_TASK PROMPT_
Below are lines of data, and only some are wanted. Please repeat exactly those from the line that has "abbrev payloads : Payloads" through the line that has "run_table-Rise_example : Rise".

**** MATERIAL FOR THIS EXERCISE ****

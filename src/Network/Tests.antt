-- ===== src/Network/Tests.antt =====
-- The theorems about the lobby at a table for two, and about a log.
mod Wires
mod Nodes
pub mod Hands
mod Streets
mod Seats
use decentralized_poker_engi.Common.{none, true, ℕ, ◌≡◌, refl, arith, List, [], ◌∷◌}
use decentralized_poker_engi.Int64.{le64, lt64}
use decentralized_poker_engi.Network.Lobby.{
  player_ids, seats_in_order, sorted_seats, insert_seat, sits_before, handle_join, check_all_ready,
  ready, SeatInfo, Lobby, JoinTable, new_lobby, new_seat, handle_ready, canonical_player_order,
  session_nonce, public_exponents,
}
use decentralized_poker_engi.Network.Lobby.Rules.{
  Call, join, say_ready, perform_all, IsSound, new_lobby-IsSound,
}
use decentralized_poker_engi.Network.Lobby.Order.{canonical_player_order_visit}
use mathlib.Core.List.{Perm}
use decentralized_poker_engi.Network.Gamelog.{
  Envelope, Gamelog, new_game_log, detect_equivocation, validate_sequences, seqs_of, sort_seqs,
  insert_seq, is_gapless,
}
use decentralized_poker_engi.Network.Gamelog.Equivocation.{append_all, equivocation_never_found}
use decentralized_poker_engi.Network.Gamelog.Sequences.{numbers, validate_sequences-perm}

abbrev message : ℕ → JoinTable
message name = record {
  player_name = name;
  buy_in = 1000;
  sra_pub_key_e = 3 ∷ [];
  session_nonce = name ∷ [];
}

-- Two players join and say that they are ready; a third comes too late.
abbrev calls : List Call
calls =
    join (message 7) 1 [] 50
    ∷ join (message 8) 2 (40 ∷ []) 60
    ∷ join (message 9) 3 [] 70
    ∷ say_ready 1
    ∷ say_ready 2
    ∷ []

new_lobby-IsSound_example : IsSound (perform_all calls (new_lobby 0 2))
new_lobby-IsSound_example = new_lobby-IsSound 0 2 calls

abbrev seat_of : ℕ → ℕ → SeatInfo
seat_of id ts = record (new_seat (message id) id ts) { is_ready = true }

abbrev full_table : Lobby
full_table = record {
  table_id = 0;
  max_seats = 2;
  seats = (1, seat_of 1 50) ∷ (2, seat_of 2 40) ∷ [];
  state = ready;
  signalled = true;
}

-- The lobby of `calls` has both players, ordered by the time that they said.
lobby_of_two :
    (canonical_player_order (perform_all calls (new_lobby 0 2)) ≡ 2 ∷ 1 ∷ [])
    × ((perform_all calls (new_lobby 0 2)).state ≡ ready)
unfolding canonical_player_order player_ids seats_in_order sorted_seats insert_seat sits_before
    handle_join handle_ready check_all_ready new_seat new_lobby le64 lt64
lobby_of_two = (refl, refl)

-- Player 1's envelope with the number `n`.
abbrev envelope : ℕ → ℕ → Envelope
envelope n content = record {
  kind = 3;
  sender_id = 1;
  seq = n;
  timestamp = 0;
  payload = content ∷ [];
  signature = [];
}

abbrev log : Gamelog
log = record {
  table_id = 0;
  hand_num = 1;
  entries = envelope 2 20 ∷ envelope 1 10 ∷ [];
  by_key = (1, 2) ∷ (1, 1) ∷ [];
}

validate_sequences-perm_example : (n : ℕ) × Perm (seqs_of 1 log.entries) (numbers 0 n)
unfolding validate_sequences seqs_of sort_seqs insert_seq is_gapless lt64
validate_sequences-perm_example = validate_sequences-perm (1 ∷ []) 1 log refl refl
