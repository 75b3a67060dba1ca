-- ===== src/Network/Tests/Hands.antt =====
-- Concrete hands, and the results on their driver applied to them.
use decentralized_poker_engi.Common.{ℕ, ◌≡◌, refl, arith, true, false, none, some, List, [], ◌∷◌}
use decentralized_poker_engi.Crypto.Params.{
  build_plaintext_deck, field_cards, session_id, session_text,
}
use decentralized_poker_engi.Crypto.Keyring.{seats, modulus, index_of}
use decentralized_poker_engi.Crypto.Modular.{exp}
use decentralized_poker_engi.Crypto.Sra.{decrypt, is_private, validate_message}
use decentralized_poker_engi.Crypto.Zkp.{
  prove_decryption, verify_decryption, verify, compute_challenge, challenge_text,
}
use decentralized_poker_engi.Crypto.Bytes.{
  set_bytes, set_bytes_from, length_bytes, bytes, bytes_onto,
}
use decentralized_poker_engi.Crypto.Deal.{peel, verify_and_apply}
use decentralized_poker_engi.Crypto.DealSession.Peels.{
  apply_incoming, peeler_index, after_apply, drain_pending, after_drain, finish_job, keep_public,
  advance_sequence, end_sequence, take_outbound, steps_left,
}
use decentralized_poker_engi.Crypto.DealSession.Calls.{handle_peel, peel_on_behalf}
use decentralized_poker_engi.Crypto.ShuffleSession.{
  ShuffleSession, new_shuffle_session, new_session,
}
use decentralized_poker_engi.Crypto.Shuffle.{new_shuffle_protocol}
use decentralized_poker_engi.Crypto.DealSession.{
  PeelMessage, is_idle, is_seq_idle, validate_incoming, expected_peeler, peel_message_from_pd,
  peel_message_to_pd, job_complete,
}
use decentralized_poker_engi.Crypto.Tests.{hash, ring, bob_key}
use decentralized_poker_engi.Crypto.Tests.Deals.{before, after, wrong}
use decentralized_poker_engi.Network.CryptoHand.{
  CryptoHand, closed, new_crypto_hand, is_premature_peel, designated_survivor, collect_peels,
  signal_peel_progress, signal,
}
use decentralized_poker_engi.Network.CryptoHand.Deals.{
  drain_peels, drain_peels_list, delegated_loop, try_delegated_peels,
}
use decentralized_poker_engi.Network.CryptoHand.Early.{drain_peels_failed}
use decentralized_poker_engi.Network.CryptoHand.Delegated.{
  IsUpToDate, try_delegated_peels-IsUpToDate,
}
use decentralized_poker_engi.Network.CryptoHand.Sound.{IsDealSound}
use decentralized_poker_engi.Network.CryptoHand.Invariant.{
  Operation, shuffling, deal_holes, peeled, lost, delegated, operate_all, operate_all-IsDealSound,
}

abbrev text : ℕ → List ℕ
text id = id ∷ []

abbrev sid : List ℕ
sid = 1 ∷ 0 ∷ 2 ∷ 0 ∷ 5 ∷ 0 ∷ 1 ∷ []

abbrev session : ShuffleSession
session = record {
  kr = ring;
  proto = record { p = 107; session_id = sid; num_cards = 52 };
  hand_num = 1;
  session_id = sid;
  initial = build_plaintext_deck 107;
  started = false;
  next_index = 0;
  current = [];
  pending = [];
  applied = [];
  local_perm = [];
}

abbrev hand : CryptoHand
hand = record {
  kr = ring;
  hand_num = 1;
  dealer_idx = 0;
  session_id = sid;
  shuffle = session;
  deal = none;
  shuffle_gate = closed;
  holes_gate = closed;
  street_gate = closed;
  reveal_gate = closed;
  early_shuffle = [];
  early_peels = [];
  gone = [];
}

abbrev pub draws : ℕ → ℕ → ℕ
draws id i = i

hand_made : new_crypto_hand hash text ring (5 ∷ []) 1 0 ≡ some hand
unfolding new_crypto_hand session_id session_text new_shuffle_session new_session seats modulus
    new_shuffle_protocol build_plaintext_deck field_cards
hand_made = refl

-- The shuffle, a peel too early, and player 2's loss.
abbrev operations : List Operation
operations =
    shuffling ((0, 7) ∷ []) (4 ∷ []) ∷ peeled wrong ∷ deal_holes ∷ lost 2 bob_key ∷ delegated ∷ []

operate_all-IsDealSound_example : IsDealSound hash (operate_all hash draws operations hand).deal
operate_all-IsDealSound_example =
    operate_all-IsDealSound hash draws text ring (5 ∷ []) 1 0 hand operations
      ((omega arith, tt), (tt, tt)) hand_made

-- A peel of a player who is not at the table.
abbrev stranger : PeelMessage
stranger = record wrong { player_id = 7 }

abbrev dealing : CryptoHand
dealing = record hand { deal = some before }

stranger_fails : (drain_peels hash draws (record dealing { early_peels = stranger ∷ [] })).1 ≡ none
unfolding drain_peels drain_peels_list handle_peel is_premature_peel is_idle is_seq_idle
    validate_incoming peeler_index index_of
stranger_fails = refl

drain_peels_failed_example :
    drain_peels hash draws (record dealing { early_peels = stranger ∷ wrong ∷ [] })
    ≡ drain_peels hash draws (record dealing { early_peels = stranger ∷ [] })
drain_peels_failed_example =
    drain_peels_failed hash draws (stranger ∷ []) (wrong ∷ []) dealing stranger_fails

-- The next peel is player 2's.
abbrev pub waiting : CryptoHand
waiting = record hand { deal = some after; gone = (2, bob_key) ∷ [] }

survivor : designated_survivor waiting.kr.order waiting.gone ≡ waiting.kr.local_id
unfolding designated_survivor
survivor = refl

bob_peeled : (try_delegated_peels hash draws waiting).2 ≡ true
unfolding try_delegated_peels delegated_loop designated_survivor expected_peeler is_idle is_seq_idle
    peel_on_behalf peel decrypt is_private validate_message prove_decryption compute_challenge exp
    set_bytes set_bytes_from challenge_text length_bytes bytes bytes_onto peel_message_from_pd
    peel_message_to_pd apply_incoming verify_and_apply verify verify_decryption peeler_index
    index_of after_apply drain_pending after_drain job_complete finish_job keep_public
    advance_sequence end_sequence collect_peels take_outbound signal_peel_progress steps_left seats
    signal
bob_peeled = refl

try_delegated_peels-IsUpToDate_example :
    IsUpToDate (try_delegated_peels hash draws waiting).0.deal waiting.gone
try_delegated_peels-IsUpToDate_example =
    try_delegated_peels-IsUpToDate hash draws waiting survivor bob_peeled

****
**** MATERIAL FOR THIS EXERCISE ****

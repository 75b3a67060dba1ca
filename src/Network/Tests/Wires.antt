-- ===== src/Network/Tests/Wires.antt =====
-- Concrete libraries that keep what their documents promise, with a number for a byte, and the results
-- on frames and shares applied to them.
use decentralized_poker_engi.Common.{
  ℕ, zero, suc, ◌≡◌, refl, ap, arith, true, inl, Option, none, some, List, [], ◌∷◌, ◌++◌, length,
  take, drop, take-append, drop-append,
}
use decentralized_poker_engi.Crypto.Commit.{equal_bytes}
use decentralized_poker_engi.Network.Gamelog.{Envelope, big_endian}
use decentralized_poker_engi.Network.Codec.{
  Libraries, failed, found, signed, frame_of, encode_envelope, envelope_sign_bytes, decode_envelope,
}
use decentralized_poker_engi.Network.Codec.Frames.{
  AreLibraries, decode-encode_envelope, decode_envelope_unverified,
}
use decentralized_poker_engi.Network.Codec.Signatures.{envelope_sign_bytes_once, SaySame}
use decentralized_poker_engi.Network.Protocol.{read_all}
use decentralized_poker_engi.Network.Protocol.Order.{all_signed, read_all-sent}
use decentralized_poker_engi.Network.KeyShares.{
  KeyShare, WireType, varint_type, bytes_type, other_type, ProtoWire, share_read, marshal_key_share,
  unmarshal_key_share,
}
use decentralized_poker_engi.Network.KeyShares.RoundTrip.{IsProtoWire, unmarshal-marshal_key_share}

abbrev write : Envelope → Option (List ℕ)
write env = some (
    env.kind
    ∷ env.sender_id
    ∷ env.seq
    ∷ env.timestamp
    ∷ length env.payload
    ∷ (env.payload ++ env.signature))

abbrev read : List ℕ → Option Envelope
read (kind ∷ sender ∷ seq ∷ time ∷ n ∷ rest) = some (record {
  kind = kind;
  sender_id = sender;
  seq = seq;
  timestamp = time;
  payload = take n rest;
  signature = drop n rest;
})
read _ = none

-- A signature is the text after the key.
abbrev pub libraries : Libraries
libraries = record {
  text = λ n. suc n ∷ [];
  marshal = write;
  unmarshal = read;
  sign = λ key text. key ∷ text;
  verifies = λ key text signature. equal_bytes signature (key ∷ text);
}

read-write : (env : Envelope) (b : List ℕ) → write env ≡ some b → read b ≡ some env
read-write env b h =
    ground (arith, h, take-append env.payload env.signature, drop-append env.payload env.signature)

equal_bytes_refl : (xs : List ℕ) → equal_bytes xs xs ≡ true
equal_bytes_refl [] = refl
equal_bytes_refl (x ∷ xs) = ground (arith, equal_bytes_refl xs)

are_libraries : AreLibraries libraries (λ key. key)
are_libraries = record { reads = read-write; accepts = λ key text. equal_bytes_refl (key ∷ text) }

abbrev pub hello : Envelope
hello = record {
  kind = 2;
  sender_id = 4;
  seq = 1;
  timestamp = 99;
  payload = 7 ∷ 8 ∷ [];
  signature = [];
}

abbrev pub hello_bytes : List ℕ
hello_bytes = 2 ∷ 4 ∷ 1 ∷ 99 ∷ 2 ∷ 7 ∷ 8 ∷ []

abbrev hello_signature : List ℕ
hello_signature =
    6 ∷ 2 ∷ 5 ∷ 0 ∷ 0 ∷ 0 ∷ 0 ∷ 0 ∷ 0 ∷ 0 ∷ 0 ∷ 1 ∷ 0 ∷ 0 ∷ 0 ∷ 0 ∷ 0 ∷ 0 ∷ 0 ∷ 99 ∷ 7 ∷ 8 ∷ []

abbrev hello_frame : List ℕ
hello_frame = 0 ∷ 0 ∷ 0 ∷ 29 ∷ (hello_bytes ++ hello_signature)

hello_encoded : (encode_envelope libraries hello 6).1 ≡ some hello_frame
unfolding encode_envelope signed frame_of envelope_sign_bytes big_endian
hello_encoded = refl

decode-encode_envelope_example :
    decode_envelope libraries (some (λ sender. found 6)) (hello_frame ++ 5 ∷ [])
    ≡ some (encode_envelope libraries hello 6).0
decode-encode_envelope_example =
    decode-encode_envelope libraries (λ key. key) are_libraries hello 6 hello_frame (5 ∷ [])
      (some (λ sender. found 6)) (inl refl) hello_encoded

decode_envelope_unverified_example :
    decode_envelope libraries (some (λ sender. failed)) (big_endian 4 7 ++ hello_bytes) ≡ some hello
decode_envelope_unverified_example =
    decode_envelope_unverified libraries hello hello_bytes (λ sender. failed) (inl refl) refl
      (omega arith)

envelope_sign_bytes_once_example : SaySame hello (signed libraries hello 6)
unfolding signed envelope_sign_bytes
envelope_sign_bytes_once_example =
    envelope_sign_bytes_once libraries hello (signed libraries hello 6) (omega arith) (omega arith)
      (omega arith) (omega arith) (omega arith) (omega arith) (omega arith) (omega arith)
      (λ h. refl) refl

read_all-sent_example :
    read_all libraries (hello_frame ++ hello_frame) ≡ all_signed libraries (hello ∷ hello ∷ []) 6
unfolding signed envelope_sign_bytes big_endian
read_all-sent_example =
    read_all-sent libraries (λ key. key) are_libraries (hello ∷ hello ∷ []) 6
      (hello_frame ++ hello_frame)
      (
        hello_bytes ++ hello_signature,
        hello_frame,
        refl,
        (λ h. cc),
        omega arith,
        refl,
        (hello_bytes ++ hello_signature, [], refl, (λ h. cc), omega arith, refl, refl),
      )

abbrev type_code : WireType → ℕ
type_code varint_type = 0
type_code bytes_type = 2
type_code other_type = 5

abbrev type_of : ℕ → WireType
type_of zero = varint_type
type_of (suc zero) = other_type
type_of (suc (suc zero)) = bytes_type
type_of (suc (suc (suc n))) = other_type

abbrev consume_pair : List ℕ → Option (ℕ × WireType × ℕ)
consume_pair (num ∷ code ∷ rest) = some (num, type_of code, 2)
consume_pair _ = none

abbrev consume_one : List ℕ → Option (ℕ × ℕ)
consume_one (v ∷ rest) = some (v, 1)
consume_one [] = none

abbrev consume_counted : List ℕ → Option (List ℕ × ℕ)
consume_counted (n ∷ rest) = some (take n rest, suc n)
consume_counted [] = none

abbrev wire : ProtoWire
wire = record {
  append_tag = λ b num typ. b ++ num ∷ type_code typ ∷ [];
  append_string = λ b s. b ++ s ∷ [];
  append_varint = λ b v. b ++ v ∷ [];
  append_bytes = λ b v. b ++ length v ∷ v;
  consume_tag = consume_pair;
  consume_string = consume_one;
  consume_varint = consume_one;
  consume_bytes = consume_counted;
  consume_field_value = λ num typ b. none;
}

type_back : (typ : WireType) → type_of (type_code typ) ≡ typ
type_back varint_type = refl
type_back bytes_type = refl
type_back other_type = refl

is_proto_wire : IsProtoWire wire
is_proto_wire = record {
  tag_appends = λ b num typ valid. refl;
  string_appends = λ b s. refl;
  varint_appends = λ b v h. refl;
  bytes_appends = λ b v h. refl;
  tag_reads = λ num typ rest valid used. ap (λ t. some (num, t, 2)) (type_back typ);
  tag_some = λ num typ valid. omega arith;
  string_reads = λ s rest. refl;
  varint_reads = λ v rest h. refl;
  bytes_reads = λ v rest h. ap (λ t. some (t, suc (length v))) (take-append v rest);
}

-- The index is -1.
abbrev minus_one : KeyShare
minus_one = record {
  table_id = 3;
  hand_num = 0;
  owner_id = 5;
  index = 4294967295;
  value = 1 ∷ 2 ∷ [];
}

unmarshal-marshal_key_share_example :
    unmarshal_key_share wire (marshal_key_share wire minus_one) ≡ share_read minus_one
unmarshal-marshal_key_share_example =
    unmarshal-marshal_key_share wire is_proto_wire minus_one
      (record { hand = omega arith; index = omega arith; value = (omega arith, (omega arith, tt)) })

****
**** MATERIAL FOR THIS EXERCISE ****

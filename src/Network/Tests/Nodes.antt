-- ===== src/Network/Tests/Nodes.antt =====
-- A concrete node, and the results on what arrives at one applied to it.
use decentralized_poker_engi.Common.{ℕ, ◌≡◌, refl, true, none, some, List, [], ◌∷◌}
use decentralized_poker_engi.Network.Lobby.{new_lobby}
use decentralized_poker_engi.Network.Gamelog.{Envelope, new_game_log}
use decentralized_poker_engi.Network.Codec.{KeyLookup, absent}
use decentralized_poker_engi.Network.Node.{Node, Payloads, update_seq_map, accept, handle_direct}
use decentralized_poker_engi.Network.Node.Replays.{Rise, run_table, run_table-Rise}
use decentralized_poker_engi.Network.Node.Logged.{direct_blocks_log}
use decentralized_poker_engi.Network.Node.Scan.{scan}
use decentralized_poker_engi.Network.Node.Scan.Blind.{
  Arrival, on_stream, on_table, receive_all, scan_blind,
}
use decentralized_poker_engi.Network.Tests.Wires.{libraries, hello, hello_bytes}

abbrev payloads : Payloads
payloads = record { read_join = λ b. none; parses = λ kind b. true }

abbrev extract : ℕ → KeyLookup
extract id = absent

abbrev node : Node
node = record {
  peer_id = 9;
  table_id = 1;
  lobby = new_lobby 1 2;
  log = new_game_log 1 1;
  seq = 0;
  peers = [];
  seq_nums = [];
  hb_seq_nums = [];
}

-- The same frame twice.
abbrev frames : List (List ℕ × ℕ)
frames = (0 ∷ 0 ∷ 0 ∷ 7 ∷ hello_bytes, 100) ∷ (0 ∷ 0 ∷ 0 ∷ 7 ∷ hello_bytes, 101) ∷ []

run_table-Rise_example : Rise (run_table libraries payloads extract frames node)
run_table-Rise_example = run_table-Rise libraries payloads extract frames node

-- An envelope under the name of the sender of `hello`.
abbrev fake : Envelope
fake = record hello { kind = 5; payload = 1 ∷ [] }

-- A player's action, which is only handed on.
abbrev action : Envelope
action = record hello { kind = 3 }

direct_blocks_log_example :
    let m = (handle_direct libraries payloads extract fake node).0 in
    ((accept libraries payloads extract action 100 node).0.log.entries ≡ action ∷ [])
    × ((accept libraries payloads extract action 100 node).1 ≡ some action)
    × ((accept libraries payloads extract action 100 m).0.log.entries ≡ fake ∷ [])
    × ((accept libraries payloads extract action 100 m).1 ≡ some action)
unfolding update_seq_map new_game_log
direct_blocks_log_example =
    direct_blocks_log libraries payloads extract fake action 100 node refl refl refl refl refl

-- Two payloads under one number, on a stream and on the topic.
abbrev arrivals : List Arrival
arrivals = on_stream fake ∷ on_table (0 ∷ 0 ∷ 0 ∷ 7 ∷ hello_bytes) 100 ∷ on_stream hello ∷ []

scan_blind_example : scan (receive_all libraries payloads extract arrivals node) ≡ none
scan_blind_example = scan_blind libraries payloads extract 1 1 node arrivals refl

****

_WRITTEN REPLY_
abbrev payloads : Payloads
payloads = record { read_join = λ b. none; parses = λ kind b. true }

abbrev extract : ℕ → KeyLookup
extract id = absent

abbrev node : Node
node = record {
  peer_id = 9;
  table_id = 1;
  lobby = new_lobby 1 2;
  log = new_game_log 1 1;
  seq = 0;
  peers = [];
  seq_nums = [];
  hb_seq_nums = [];
}

-- The same frame twice.
abbrev frames : List (List ℕ × ℕ)
frames = (0 ∷ 0 ∷ 0 ∷ 7 ∷ hello_bytes, 100) ∷ (0 ∷ 0 ∷ 0 ∷ 7 ∷ hello_bytes, 101) ∷ []

run_table-Rise_example : Rise (run_table libraries payloads extract frames node)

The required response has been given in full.